The problem - Each line of the records below that holds "antt" should be copied out.

Exercise material -
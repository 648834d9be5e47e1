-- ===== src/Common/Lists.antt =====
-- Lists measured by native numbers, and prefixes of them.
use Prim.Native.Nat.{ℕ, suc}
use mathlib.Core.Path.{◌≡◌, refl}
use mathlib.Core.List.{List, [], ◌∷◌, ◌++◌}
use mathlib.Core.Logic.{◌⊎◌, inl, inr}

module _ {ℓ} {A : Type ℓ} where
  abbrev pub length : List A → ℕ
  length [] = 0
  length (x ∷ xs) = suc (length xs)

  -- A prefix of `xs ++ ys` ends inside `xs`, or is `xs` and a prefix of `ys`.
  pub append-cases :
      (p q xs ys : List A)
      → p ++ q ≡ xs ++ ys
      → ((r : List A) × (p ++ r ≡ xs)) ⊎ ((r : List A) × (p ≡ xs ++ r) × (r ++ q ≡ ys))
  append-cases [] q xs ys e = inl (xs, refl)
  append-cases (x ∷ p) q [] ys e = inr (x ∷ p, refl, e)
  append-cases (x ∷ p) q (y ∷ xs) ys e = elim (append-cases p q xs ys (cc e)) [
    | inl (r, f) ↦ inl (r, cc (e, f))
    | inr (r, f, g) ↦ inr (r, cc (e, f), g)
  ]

...

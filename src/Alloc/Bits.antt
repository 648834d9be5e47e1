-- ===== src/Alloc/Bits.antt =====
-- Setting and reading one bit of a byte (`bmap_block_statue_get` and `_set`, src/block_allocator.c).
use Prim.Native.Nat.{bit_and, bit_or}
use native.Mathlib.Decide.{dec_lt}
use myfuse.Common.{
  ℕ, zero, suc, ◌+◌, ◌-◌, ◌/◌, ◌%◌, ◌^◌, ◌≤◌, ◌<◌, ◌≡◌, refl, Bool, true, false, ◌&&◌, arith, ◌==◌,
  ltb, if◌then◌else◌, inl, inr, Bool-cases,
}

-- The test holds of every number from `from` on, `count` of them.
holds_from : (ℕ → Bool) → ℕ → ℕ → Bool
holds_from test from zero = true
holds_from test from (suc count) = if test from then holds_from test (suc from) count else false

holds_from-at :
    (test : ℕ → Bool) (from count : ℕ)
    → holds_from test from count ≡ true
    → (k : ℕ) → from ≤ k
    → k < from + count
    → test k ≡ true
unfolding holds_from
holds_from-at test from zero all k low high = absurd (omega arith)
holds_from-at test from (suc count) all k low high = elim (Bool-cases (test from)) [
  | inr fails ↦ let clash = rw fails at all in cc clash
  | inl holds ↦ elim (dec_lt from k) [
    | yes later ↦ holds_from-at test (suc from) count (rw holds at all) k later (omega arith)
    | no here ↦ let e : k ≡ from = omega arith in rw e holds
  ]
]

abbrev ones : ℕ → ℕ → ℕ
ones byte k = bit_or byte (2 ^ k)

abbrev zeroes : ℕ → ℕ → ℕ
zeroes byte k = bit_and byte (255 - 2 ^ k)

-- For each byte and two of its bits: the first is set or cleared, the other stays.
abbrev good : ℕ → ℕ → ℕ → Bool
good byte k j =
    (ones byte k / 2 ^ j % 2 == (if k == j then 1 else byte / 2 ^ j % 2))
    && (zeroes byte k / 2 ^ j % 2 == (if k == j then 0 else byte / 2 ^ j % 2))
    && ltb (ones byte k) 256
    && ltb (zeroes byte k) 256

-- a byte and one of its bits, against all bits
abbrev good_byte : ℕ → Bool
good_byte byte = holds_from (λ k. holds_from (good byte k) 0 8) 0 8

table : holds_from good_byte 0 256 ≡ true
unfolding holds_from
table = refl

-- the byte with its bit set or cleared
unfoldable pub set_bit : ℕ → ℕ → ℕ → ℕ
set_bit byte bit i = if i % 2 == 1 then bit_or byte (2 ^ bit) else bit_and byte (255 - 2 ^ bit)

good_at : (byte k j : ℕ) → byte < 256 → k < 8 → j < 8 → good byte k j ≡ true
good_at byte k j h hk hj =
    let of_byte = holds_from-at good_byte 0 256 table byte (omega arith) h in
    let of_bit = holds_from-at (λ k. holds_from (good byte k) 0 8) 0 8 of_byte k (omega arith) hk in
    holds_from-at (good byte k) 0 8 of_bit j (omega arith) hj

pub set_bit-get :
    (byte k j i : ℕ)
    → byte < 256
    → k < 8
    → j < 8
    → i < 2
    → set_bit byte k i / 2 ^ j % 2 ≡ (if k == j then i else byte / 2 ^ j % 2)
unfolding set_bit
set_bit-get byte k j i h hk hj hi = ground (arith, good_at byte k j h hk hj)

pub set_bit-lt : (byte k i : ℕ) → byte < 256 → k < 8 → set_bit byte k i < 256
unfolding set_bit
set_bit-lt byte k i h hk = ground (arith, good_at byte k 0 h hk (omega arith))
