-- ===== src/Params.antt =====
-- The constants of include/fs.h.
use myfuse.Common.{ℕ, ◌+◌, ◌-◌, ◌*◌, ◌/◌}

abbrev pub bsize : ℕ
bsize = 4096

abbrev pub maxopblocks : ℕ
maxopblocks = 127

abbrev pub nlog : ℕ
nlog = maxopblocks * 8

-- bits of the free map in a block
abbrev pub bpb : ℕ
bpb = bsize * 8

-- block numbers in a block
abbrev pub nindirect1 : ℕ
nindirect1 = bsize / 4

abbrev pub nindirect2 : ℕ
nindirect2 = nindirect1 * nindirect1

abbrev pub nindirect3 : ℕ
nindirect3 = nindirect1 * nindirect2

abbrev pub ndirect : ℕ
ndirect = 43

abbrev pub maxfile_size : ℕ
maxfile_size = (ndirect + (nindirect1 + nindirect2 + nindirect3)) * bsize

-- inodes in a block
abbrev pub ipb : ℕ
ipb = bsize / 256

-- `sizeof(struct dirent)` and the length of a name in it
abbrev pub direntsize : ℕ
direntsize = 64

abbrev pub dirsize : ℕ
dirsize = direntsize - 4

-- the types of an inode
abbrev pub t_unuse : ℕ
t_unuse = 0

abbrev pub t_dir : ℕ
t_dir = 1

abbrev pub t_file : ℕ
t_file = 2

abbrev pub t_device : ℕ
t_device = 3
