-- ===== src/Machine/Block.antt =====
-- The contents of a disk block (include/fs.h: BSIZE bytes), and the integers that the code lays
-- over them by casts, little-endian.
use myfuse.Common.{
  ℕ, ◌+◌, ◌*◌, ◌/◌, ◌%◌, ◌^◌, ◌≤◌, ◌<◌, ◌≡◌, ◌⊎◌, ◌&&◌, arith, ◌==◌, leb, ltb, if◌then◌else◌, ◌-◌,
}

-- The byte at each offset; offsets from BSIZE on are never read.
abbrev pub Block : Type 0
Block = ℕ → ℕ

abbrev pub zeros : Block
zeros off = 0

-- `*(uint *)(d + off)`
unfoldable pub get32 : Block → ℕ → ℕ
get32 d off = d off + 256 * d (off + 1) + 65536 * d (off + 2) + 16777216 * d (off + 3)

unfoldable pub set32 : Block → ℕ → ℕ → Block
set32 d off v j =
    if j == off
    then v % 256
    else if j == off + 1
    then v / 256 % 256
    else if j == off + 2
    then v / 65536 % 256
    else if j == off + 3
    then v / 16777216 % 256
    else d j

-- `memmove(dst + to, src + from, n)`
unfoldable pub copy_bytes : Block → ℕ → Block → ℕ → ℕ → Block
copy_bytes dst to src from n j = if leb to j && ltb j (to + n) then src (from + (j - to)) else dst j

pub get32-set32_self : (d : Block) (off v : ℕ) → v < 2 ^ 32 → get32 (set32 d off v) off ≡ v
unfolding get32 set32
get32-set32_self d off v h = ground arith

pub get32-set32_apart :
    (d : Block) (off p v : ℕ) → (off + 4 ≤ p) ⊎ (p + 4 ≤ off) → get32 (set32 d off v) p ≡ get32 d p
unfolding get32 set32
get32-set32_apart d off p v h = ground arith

Exercise result -
-- ===== src/Common/Lists.antt =====
filename src/Alloc/Bits.antt
-- ===== src/Alloc/Bits.antt =====
-- ===== src/Params.antt =====
-- ===== src/Machine/Block.antt =====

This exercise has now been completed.